---- Extracted material

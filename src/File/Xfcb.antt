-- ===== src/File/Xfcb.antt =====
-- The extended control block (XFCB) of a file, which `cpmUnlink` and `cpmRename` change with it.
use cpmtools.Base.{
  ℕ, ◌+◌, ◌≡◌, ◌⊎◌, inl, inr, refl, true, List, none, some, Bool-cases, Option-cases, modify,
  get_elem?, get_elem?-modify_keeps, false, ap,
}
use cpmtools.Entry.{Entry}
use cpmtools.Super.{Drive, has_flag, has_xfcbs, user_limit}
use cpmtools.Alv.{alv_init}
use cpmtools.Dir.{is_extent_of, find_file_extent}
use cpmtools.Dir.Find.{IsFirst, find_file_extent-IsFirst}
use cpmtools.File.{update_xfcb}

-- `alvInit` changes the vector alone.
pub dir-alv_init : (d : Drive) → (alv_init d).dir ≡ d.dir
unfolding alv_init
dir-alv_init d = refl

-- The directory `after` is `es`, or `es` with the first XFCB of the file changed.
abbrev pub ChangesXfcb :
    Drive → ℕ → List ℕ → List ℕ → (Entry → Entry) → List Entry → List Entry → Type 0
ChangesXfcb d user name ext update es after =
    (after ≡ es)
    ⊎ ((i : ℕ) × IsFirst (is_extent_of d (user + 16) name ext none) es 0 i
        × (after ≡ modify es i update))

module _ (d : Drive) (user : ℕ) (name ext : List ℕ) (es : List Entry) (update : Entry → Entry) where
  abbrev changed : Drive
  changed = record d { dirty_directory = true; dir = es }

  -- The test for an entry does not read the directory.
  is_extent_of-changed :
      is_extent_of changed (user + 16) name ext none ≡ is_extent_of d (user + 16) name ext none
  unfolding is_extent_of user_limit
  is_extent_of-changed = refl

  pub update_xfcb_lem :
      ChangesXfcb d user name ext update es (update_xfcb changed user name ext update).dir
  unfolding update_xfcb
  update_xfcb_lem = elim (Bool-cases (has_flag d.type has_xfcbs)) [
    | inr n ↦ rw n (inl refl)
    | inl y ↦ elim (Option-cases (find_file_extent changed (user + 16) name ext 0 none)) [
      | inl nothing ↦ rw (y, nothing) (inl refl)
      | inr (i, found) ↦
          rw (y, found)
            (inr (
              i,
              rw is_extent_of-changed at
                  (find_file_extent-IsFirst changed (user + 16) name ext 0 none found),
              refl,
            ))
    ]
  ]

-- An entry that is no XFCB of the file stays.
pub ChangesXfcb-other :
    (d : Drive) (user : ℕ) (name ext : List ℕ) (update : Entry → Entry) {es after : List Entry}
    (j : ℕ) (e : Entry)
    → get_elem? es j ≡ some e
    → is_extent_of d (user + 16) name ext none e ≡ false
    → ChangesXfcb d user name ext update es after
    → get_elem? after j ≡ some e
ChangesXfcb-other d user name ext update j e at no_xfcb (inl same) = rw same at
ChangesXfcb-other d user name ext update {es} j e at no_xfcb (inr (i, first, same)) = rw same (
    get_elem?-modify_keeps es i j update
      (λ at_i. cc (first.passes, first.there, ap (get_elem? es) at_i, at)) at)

--------

Each line of the entries where the string "after" occurs should be shown.

-- The directory `after` is `es`, or `es` with the first XFCB of the file changed.
ChangesXfcb d user name ext update es after =
    (after ≡ es)
        × (after ≡ modify es i update))
    (d : Drive) (user : ℕ) (name ext : List ℕ) (update : Entry → Entry) {es after : List Entry}
    → ChangesXfcb d user name ext update es after
    → get_elem? after j ≡ some e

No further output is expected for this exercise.